== RECORDS TO PROCESS ==

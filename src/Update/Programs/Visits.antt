-- ===== src/Update/Programs/Visits.antt =====
-- One round of each loop of /updateDB, and the whole request, as programs: the conditions that their
-- atoms keep, and the conditions that they bring about.
use kueued.Prelude.{Text, ◌==◌, ℕ, List, [], true, ◌≡◌, inl, inr, Bool-cases}
use kueued.Items.{SiebelItem, BomgarItem}
use kueued.Sql.{Env, Mysql}
use kueued.Database.Siebel.{
  get_qmon_siebel_list, delete_siebel_item_from_db, insert_siebel_item_into_db, update_siebel_item,
  update_siebel_queue, siebel_exists_in_db, siebel_queue_changed,
}
use kueued.Database.Chat.{
  update_bomgar_item_in_db, update_bomgar_queue, delete_bomgar_item_from_db, bomgar_exists_in_db,
  get_bomgar_queue_by_id, get_qmon_bomgar_list,
}
use kueued.Update.Loop.{AllAt, AllAt-all}
use kueued.Sql.Rows.{ChatRow}
use kueued.Update.Mirror.{ids}
use kueued.Update.Chats.{chat_ids}
use kueued.Update.Programs.{Prog}
use kueued.Update.Programs.Rely.{Safe, Gives}
use kueued.Update.Programs.Loops.{
  if_Safe, if_Gives, Safe-visits, Gives-visits_later, Safe-deletions, Gives-deletions_later,
}
use kueued.Update.Programs.Request.{bomgar_visit, bomgars, siebel_visit, unity}

module _ {D : Type 0} {S : Type 0 → Type 0} (env : Env D S) (P : Mysql S → Type 0) where
  pub siebel_visit-Safe :
      (clock : ℕ → Text) (i : ℕ) (item : SiebelItem) (rest : Prog (Mysql S))
      → ((now : Text) (m : Mysql S) → P m → P (insert_siebel_item_into_db env now item m))
      → ((now : Text) (m : Mysql S) → P m → P (update_siebel_queue env now item m))
      → ((m : Mysql S) → P m → P (update_siebel_item env item m))
      → Safe P rest
      → Safe P (siebel_visit env clock i item rest)
  unfolding siebel_visit
  siebel_visit-Safe clock i item rest inserts requeues refreshes s m = (
    λ h. h,
    if_Safe P (siebel_exists_in_db env item.id m) _ _
        (λ e now. (
          λ h. h,
          if_Safe P (siebel_queue_changed env item now) _ _
              (λ c n. (requeues (clock i) n, λ o. (refreshes o, s))) (λ c n. (refreshes n, s)),
        ))
        (λ e now. (inserts (clock i) now, s)),
  )

  pub siebel_visit-Gives_later :
      (clock : ℕ → Text) (i : ℕ) (item : SiebelItem) (rest : Prog (Mysql S))
      → Gives P rest
      → Gives P (siebel_visit env clock i item rest)
  unfolding siebel_visit
  siebel_visit-Gives_later clock i item rest g m = inr (
      if_Gives P (siebel_exists_in_db env item.id m) _ _
        (λ e now. inr (
          if_Gives P (siebel_queue_changed env item now) _ _ (λ c n. inr (λ o. inr g))
            (λ c n. inr g)))
        (λ e now. inr g))

  pub siebel_visit-Gives :
      (clock : ℕ → Text) (i : ℕ) (item : SiebelItem) (rest : Prog (Mysql S))
      → ((m : Mysql S) → siebel_exists_in_db env item.id m ≡ true → P m)
      → ((now : Text) (m : Mysql S) → P (insert_siebel_item_into_db env now item m))
      → Gives P (siebel_visit env clock i item rest)
  unfolding siebel_visit
  siebel_visit-Gives clock i item rest there inserts m =
      elim (Bool-cases (siebel_exists_in_db env item.id m)) [
        | inl e ↦ inl (there m e)
        | inr e ↦ inr (
            if_Gives P (siebel_exists_in_db env item.id m) _ _ (λ f. absurd (cc))
              (λ f now. inl (inserts (clock i) now)))
      ]

  pub bomgar_visit-Safe :
      (i : ℕ) (bi : BomgarItem) (rest : Prog (Mysql S))
      → ((m : Mysql S) → P m → P (update_bomgar_item_in_db env bi m))
      → ((m : Mysql S) → P m → P (update_bomgar_queue env bi m))
      → Safe P rest
      → Safe P (bomgar_visit env i bi rest)
  unfolding bomgar_visit
  bomgar_visit-Safe i bi rest inserts renames s m = (
    λ h. h,
    if_Safe P (bomgar_exists_in_db env bi.id m) _ _
        (λ e now. (
          λ h. h,
          if_Safe P (get_bomgar_queue_by_id env bi.id now == bi.name) _ _ (λ c. s)
              (λ c n. (renames n, s)),
        ))
        (λ e now. (inserts now, s)),
  )

  pub bomgar_visit-Gives_later :
      (i : ℕ) (bi : BomgarItem) (rest : Prog (Mysql S))
      → Gives P rest
      → Gives P (bomgar_visit env i bi rest)
  unfolding bomgar_visit
  bomgar_visit-Gives_later i bi rest g m = inr (
      if_Gives P (bomgar_exists_in_db env bi.id m) _ _
        (λ e now. inr (
          if_Gives P (get_bomgar_queue_by_id env bi.id now == bi.name) _ _ (λ c. g) (λ c n. inr g)))
        (λ e now. inr g))

  pub bomgar_visit-Gives :
      (i : ℕ) (bi : BomgarItem) (rest : Prog (Mysql S))
      → ((m : Mysql S) → bomgar_exists_in_db env bi.id m ≡ true → P m)
      → ((m : Mysql S) → P (update_bomgar_item_in_db env bi m))
      → Gives P (bomgar_visit env i bi rest)
  unfolding bomgar_visit
  bomgar_visit-Gives i bi rest there inserts m =
      elim (Bool-cases (bomgar_exists_in_db env bi.id m)) [
        | inl e ↦ inl (there m e)
        | inr e ↦ inr (
            if_Gives P (bomgar_exists_in_db env bi.id m) _ _ (λ f. absurd (cc))
              (λ f now. inl (inserts now)))
      ]

  -- The whole SR part, with a property `Q` of the items of one number.
  pub unity-Safe :
      (j : Text) (Q : SiebelItem → Type 0)
      → ((now : Text) (x : SiebelItem) (m : Mysql S)
          → ((x.id == j) ≡ true → Q x)
          → P m
          → P (insert_siebel_item_into_db env now x m))
      → ((now : Text) (x : SiebelItem) (m : Mysql S)
          → ((x.id == j) ≡ true → Q x)
          → P m
          → P (update_siebel_queue env now x m))
      → ((x : SiebelItem) (m : Mysql S)
          → ((x.id == j) ≡ true → Q x)
          → P m
          → P (update_siebel_item env x m))
      → ((k : Text) (m : Mysql S) → P m → P (delete_siebel_item_from_db env k m))
      → (clock : ℕ → Text) (list : List SiebelItem) (rest : Prog (Mysql S))
      → AllAt (λ x. x.id) j Q list
      → Safe P rest
      → Safe P (unity env clock list rest)
  unfolding unity
  unity-Safe j Q inserts requeues refreshes deletes clock list rest q s =
      Safe-visits P (siebel_visit env clock) (λ x. x.id) j Q
        (λ i x next own.
          siebel_visit-Safe clock i x next (λ now m. inserts now x m own)
            (λ now m. requeues now x m own) (λ m. refreshes x m own))
        0 list _ q
        (λ m. (
          λ h. h,
          Safe-deletions P (delete_siebel_item_from_db env) (ids list) (λ k n unkept. deletes k n)
              (get_qmon_siebel_list env m) rest s,
        ))

  -- The same for the Bomgar part.
  pub bomgars-Safe :
      (j : Text) (Q : BomgarItem → Type 0)
      → ((x : BomgarItem) (m : Mysql S)
          → ((x.id == j) ≡ true → Q x)
          → P m
          → P (update_bomgar_item_in_db env x m))
      → ((x : BomgarItem) (m : Mysql S)
          → ((x.id == j) ≡ true → Q x)
          → P m
          → P (update_bomgar_queue env x m))
      → ((k : Text) (m : Mysql S) → P m → P (delete_bomgar_item_from_db env k m))
      → (list : List BomgarItem) (rest : Prog (Mysql S)) → AllAt (λ bi. bi.id) j Q list
      → Safe P rest
      → Safe P (bomgars env list rest)
  unfolding bomgars
  bomgars-Safe j Q inserts renames deletes list rest q s =
      Safe-visits P (bomgar_visit env) (λ bi. bi.id) j Q
        (λ i x next own. bomgar_visit-Safe i x next (λ m. inserts x m own) (λ m. renames x m own)) 0
        list _ q
        (λ m. (
          λ h. h,
          Safe-deletions P (delete_bomgar_item_from_db env) (chat_ids list)
              (λ k n unkept. deletes k n) (get_qmon_bomgar_list env m) rest s,
        ))

  -- The Bomgar part, for a condition that does not read QMON_CHAT.
  pub bomgars-Safe_other :
      ((m : Mysql S) (rows : S ChatRow) → P m → P (record m { chat = rows }))
      → (list : List BomgarItem) (rest : Prog (Mysql S)) → Safe P rest
      → Safe P (bomgars env list rest)
  unfolding update_bomgar_item_in_db update_bomgar_queue delete_bomgar_item_from_db
  bomgars-Safe_other other list rest s =
      bomgars-Safe [] (λ x. Unit {0}) (λ x m own. other m _) (λ x m own. other m _)
        (λ k m. other m _) list rest (AllAt-all (λ bi. bi.id) [] (λ x. Unit {0}) (λ x. tt) list) s

  pub bomgars-Gives_later :
      (list : List BomgarItem) (rest : Prog (Mysql S))
      → Gives P rest
      → Gives P (bomgars env list rest)
  unfolding bomgars
  bomgars-Gives_later list rest g =
      Gives-visits_later P (bomgar_visit env) (λ bi. bi.id) [] bomgar_visit-Gives_later 0 list _
        (λ m. inr (
          Gives-deletions_later P (delete_bomgar_item_from_db env) (chat_ids list)
            (get_qmon_bomgar_list env m) rest g))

== WORK TO COMPLETE ==
Copy the stretch of the records above that runs from the line with "(update_siebel_queue env now item m))" through the line with "if_Safe P (siebel_exists_in_db". Both end lines belong in the copy, and nothing else does.

== ANSWER BOX ==
      → ((now : Text) (m : Mysql S) → P m → P (update_siebel_queue env now item m))
      → ((m : Mysql S) → P m → P (update_siebel_item env item m))
      → Safe P rest
      → Safe P (siebel_visit env clock i item rest)
  unfolding siebel_visit
  siebel_visit-Safe clock i item rest inserts requeues refreshes s m = (
    λ h. h,
    if_Safe P (siebel_exists_in_db env item.id m) _ _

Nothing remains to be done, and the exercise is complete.